Quelques convives, sans la relever, jetèrent à Michelle un regard navré.

Xuemei l’ignora :

- « Scénario catastrophe » ma belle ! Peut-être pourraient-ils comprendre mieux que tu ne le penses… Peut-être y auraient-ils, eux aussi, quelque chose à gagner…

Noûr:

- On est moins prisonnier de ses habitudes que de celles que l’on a données aux autres ! Comment les aider à en changer ?

Guillaume, qui terminait un aparté avec sa voisine, rejoignit la conversation :

- On est également prisonnier de ce que l’on croit de soi et des autres…

C’est le moment où le patron apporta les plats.

Passée la gourmandise des premières bouchées, Estelle reprit:

- Suis-je la seule à ressentir ce que je ressens ? Ne me dites pas « oui », sinon je vais avoir l’impression d’être encore plus loufoque !

Sana, par dessus sa cuisse de poulet:

- Rassure-toi. En ce qui me concerne, quand j’ai vu ce que le confinement m’a fait économiser, je me suis posé des questions sur mon style de vie. On travaille comme des dingues et on garde des jobs dont on est las, et pourquoi ? Pour pouvoir se payer des choses qui ne sont qu’un moyen de nous consoler de la vie que l’on mène !

Pedro renchérit:

- Il y a pire. A entretenir des situations qui ne sont pas en accord avec nos vraies aspirations, on se met en danger. Moi, c’est à trente-deux ans, le jour où je me suis vu près de la mort, que j’ai réalisé que ma vie valait d’être vécue différemment. J’avais repris la charge de mon père, mais comme je n’aimais pas ce travail, je me sentais coupable. Pour compenser, j’en faisais dix fois trop. Mon angoisse a duré plusieurs mois, et quand j’ai su que j’étais guéri, je me suis dit que j’avais de la chance mais qu’il ne fallait pas la gâcher. J’ai tout envoyé bouler et j’ai pris une année sabbatique.

Quelques-uns d’entre eux avaient déjà entendu Pedro évoquer cet épisode de sa vie. Il avait été atteint par un mal qui aurait pu le tuer et qu'il avait intuitivement attribué aux stresses et aux insatisfactions de sa vie professionnelle.

- Mais qu’est-ce qui te retenait ?

- L’impression que je devais cela à mon père.

- Mais il était mort ?

- Justement !

Il marque un temps, puis:

- Je partage aussi ce qu’a dit Guillaume. J’avais la croyance que je ne saurais rien faire d’autre.
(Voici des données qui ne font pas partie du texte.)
-- ===== src/Workspace/Terminal.antt =====
-- That a round of the reaper of src/ida/pool.rs removes the entries that have lost their worker.
use ida_mcp_rs.Base.{
  ℕ, ◌≡◌, ◌⊎◌, refl, sym, ◌∙◌, subst, inl, inr, String, Bool, true, false, ◌&&◌, none, some, List,
  [], ◌∷◌, any, arith, Bool-cases, Option-cases, str_eq, eq_iff,
}
use ida_mcp_rs.Base.Assoc.{
  Assoc, lookup, remove, lookup-remove_self, lookup-remove_ne, HasDistinctKeys,
  remove-HasDistinctKeys,
}
use ida_mcp_rs.Database.{Probe, lease_reap_decision, is_none, lease_is_absent}
use ida_mcp_rs.Workspace.{WorkspaceRegistry, WorkspaceRegistryEntry, Heap}
use ida_mcp_rs.Workspace.Reaper.{
  WorkspaceReapReason, idle, terminal, is_unguarded, candidates_of, collect_reap_candidates,
  probe_candidate, probe_reap_candidates, still_reapable, take_expired, take_expired_entries,
  close_each, reap,
}
use ida_mcp_rs.Workspace.Eviction.{lookup-remove}

-- No call, no pin and no worker.
abbrev pub is_lost : WorkspaceRegistryEntry → Bool
is_lost e = is_unguarded e && is_none e.database.handle

abbrev is_terminal : String → String × WorkspaceReapReason → Bool
is_terminal id (key, terminal) = str_eq key id
is_terminal id (key, idle) = false

lookup-candidates_of :
    (heap : Heap) (id : String) (i : ℕ) (entries : Assoc ℕ)
    → lookup id entries ≡ some i
    → is_lost (heap i) ≡ true
    → lookup id (candidates_of heap entries) ≡ some i
unfolding candidates_of lookup
lookup-candidates_of heap id i [] h lost = ground (arith, h)
lookup-candidates_of heap id i ((key, j) ∷ entries) h lost =
    ground (arith, h, lost, lookup-candidates_of heap id i entries)

probe_candidate-entries :
    (p : Probe) (now j : ℕ) (r : WorkspaceRegistry)
    → (probe_candidate p now j r).0.entries ≡ r.entries
unfolding probe_candidate
probe_candidate-entries p now j r = ground arith

probe_candidate-is_lost :
    (p : Probe) (now i j : ℕ) (r : WorkspaceRegistry)
    → is_lost (r.heap i) ≡ true
    → is_lost ((probe_candidate p now j r).0.heap i) ≡ true
unfolding probe_candidate lease_reap_decision
probe_candidate-is_lost p now i j r lost = ground (arith, lost)

probe_candidate-reason :
    (p : Probe) (now i : ℕ) (r : WorkspaceRegistry)
    → p.handle_locked ≡ false
    → is_lost (r.heap i) ≡ true
    → (probe_candidate p now i r).1 ≡ some terminal
unfolding probe_candidate lease_reap_decision
probe_candidate-reason p now i r free lost = ground (arith, free, lost)

probe_reap_candidates-entries :
    (shows : ℕ → Probe) (now : ℕ) (candidates : Assoc ℕ) (r : WorkspaceRegistry)
    → (probe_reap_candidates shows now candidates r).0.entries ≡ r.entries
unfolding probe_reap_candidates
probe_reap_candidates-entries shows now [] r = refl
probe_reap_candidates-entries shows now ((key, j) ∷ candidates) r =
    probe_reap_candidates-entries shows now candidates (probe_candidate (shows j) now j r).0
    ∙ probe_candidate-entries (shows j) now j r

probe_reap_candidates-is_lost :
    (shows : ℕ → Probe) (now i : ℕ) (candidates : Assoc ℕ) (r : WorkspaceRegistry)
    → is_lost (r.heap i) ≡ true
    → is_lost ((probe_reap_candidates shows now candidates r).0.heap i) ≡ true
unfolding probe_reap_candidates
probe_reap_candidates-is_lost shows now i [] r lost = lost
probe_reap_candidates-is_lost shows now i ((key, j) ∷ candidates) r lost =
    probe_reap_candidates-is_lost shows now i candidates (probe_candidate (shows j) now j r).0
      (probe_candidate-is_lost (shows j) now i j r lost)

probe_reap_candidates-terminal :
    (shows : ℕ → Probe) (now i : ℕ) (id : String) (candidates : Assoc ℕ) (r : WorkspaceRegistry)
    → (shows i).handle_locked ≡ false
    → lookup id candidates ≡ some i
    → is_lost (r.heap i) ≡ true
    → any (is_terminal id) (probe_reap_candidates shows now candidates r).1 ≡ true
unfolding probe_reap_candidates lookup
probe_reap_candidates-terminal shows now i id [] r free h lost = ground (arith, h)
probe_reap_candidates-terminal shows now i id ((key, j) ∷ candidates) r free h lost =
    let q = (probe_candidate (shows j) now j r).0 in
    let later : lookup id candidates ≡ some i
        → any (is_terminal id) (probe_reap_candidates shows now candidates q).1 ≡ true =
      λ e.
        probe_reap_candidates-terminal shows now i id candidates q free e
          (probe_candidate-is_lost (shows j) now i j r lost) in
    ground (arith, h, lost, later, probe_candidate-reason (shows i) now i r free lost)

-- An id that is not bound, or bound to an entry that is lost and due as such.
abbrev Goes : ℕ → String → List (String × WorkspaceReapReason) → WorkspaceRegistry → Type 0
Goes i id reapable r =
    (lookup id r.entries ≡ none)
    ⊎ ((lookup id r.entries ≡ some i)
        × (is_lost (r.heap i) ≡ true)
        × (any (is_terminal id) reapable ≡ true))

take_expired-heap :
    (now : ℕ) (handle_locked : Bool) (key : String) (reason : WorkspaceReapReason)
    (r : WorkspaceRegistry)
    → (take_expired now handle_locked key reason r).0.heap ≡ r.heap
unfolding take_expired
take_expired-heap now handle_locked key reason r = ground arith

take_expired-none :
    (now : ℕ) (handle_locked : Bool) (id key : String) (reason : WorkspaceReapReason)
    (r : WorkspaceRegistry)
    → HasDistinctKeys r.entries
    → lookup id r.entries ≡ none
    → lookup id (take_expired now handle_locked key reason r).0.entries ≡ none
unfolding take_expired
take_expired-none now handle_locked id key reason r d e =
    elim (Option-cases (lookup id (remove key r.entries))) [
      | inl removed ↦ ground (arith, e, removed)
      | inr (j, found) ↦ ground (arith, e, lookup-remove key id r.entries j d found)
    ]

take_expired-terminal :
    (now i : ℕ) (id : String) (r : WorkspaceRegistry)
    → HasDistinctKeys r.entries
    → lookup id r.entries ≡ some i
    → is_lost (r.heap i) ≡ true
    → lookup id (take_expired now false id terminal r).0.entries ≡ none
unfolding take_expired still_reapable lease_is_absent
take_expired-terminal now i id r d e lost =
    ground (arith, e, lost, lookup-remove_self id r.entries d)

take_expired-some :
    (now : ℕ) (handle_locked : Bool) (i : ℕ) (id key : String) (reason : WorkspaceReapReason)
    (r : WorkspaceRegistry)
    → HasDistinctKeys r.entries
    → lookup id r.entries ≡ some i
    → (lookup id (take_expired now handle_locked key reason r).0.entries ≡ none)
      ⊎ (lookup id (take_expired now handle_locked key reason r).0.entries ≡ some i)
unfolding take_expired
take_expired-some now handle_locked i id key reason r d e = elim (Bool-cases (str_eq key id)) [
  | inl same ↦ ground (arith, e, (eq_iff key id).0 same, lookup-remove_self key r.entries d)
  | inr ne ↦ inr (ground (arith, e, lookup-remove_ne key id r.entries ne))
]

take_expired-Goes :
    (now : ℕ) (handle_locked : String → Bool) (i : ℕ) (id key : String)
    (reason : WorkspaceReapReason) (reapable : List (String × WorkspaceReapReason))
    (r : WorkspaceRegistry)
    → HasDistinctKeys r.entries
    → handle_locked id ≡ false
    → Goes i id ((key, reason) ∷ reapable) r
    → Goes i id reapable (take_expired now (handle_locked key) key reason r).0
take_expired-Goes now handle_locked i id key reason reapable r d free (inl e) =
    inl (take_expired-none now (handle_locked key) id key reason r d e)
take_expired-Goes now handle_locked i id key reason reapable r d free (inr (e, lost, due)) =
    let q = (take_expired now (handle_locked key) key reason r).0 in
    let still : is_lost (q.heap i) ≡ true =
      subst (λ h. is_lost (h i) ≡ true)
        (sym (take_expired-heap now (handle_locked key) key reason r)) lost in
    elim (take_expired-some now (handle_locked key) i id key reason r d e) [
      | inl none_left ↦ inl none_left
      | inr kept ↦ elim (Bool-cases (is_terminal id (key, reason))) [
        | inr other ↦ inr (kept, still, ground (arith, due, other))
        | inl now_due ↦ inl (due_now reason now_due)
      ]
    ]
  where
    due_now :
        (why : WorkspaceReapReason)
        → is_terminal id (key, why) ≡ true
        → lookup id (take_expired now (handle_locked key) key why r).0.entries ≡ none
    due_now terminal same =
        ground (arith, (eq_iff key id).0 same, free, take_expired-terminal now i id r d e lost)
    due_now idle same = cc

take_expired-HasDistinctKeys :
    (now : ℕ) (handle_locked : Bool) (key : String) (reason : WorkspaceReapReason)
    (r : WorkspaceRegistry)
    → HasDistinctKeys r.entries
    → HasDistinctKeys (take_expired now handle_locked key reason r).0.entries
unfolding take_expired
take_expired-HasDistinctKeys now handle_locked key reason r d =
    ground (arith, d, remove-HasDistinctKeys key r.entries d)

take_expired_entries-Goes :
    (now : ℕ) (handle_locked : String → Bool) (i : ℕ) (id : String)
    (reapable : List (String × WorkspaceReapReason)) (r : WorkspaceRegistry)
    → HasDistinctKeys r.entries
    → handle_locked id ≡ false
    → Goes i id reapable r
    → lookup id (take_expired_entries now handle_locked reapable r).0.entries ≡ none
unfolding take_expired_entries
take_expired_entries-Goes now handle_locked i id [] r d free (inl e) = e
take_expired_entries-Goes now handle_locked i id [] r d free (inr (e, lost, due)) =
    ground (arith, due)
take_expired_entries-Goes now handle_locked i id ((key, reason) ∷ reapable) r d free g =
    take_expired_entries-Goes now handle_locked i id reapable
      (take_expired now (handle_locked key) key reason r).0
      (take_expired-HasDistinctKeys now (handle_locked key) key reason r d) free
      (take_expired-Goes now handle_locked i id key reason reapable r d free g)

close_each-entries :
    (places : List ℕ) (r : WorkspaceRegistry) → (close_each places r).entries ≡ r.entries
unfolding close_each
close_each-entries [] r = refl
close_each-entries (i ∷ places) r = close_each-entries places _

-- An entry that has lost its worker does not wait for the idle timeout: one round of the reaper with
-- nothing in between removes a binding that has no worker, no call and no pin, also where there is no
-- timeout, if it is no legacy binding and its handle is not locked by a call at either of the round's
-- two looks at it.
pub reap-terminal :
    (shows : ℕ → Probe) (handle_locked : String → Bool) (now i : ℕ) (id : String)
    (r : WorkspaceRegistry)
    → HasDistinctKeys r.entries
    → lookup id r.entries ≡ some i
    → is_lost (r.heap i) ≡ true
    → (shows i).handle_locked ≡ false
    → handle_locked id ≡ false
    → lookup id (reap shows handle_locked now r).entries ≡ none
unfolding reap collect_reap_candidates
reap-terminal shows handle_locked now i id r d e lost unlocked free =
    let candidates = candidates_of r.heap r.entries in
    let probed = probe_reap_candidates shows now candidates r in
    let entries : probed.0.entries ≡ r.entries =
      probe_reap_candidates-entries shows now candidates r in
    subst (λ m. lookup id m ≡ none)
      (sym (
        close_each-entries (take_expired_entries now handle_locked probed.1 probed.0).1
          (take_expired_entries now handle_locked probed.1 probed.0).0))
      (take_expired_entries-Goes now handle_locked i id probed.1 probed.0
        (subst HasDistinctKeys (sym entries) d) free
        (inr (
          subst (λ m. lookup id m ≡ some i) (sym entries) e,
          probe_reap_candidates-is_lost shows now i candidates r lost,
          probe_reap_candidates-terminal shows now i id candidates r unlocked
              (lookup-candidates_of r.heap id i r.entries e lost) lost,
        )))
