-- ===== src/Workspace/Tests.antt =====
-- A run of the registry of workspaces, and the theorems about it at concrete inputs.
use ida_mcp_rs.Base.{◌+◌, ◌≡◌, refl, false, none, arith}
use ida_mcp_rs.Base.Assoc.{lookup, insert}
use ida_mcp_rs.Database.{Probe}
use ida_mcp_rs.Workspace.Terminal.{reap-terminal}
use ida_mcp_rs.Workspace.{WorkspaceRegistry, release_call, touch, allocate_database}
use ida_mcp_rs.Workspace.Reaper.{take_expired, reap, idle}
use ida_mcp_rs.Workspace.Guards.{
  System, step, initial, Reach, here, next, ticks, allocates, begins_lease_drop, ends_lease_drop,
}
use ida_mcp_rs.Workspace.Eviction.{take_expired-unused, IsDue}

-- A database that a call has given up, 50 nanoseconds later.
abbrev given_up : System
given_up =
    step (ticks 50)
      (step (ends_lease_drop 0) (step (begins_lease_drop 0) (step (allocates "d") (initial 30))))

given_up-Reach : Reach 30 4 given_up
unfolding step allocate_database
given_up-Reach =
    next
      (next (next (next here (allocates "d") tt) (begins_lease_drop 0) (omega arith))
        (ends_lease_drop 0) (omega arith))
      (ticks 50) tt

take_expired-unused_example :
    (given_up.leases.held 0 + given_up.leases.dropping 0 ≡ 0)
    × (given_up.pins.held 0 + given_up.pins.dropping 0 ≡ 0)
    × ((given_up.registry.heap 0).legacy ≡ false)
    × IsDue idle given_up 0
unfolding step take_expired lookup release_call touch allocate_database insert
take_expired-unused_example =
    take_expired-unused 30 4 given_up false "d" idle 0 (omega arith) given_up-Reach refl

-- The same entry without an idle timeout. No lock is held and no child shows anything.
abbrev lost : WorkspaceRegistry
lost =
    (step (ends_lease_drop 0)
      (step (begins_lease_drop 0) (step (allocates "d") (initial 0)))).registry

abbrev quiet : Probe
quiet = record {
  handle_locked = false;
  call_locked = false;
  child_locked = false;
  child_dead = false;
  transport_closed = false;
  idb_path = none;
}

reap-terminal_example : lookup "d" (reap (λ _. quiet) (λ _. false) 0 lost).entries ≡ none
unfolding step lookup release_call touch allocate_database insert
reap-terminal_example =
    reap-terminal (λ _. quiet) (λ _. false) 0 0 "d" lost (refl, tt) refl refl refl refl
Si on mesurait le rôle de nos inhibitions et si on savait, à l’opposé, tout ce dont on est capable ! Nous avons en nous de quoi vivre plusieurs existences différentes!

Estelle se souvint que changer de vie avait pris environ deux ans à Pedro. A la suite d’une formation qui lui avait ouvert d’autres milieux, il y avait eu comme une série de ricochets qui l’avait conduit jusqu’à l’activité improbable qu’il avait inventée et où il s’épanouissait maintenant.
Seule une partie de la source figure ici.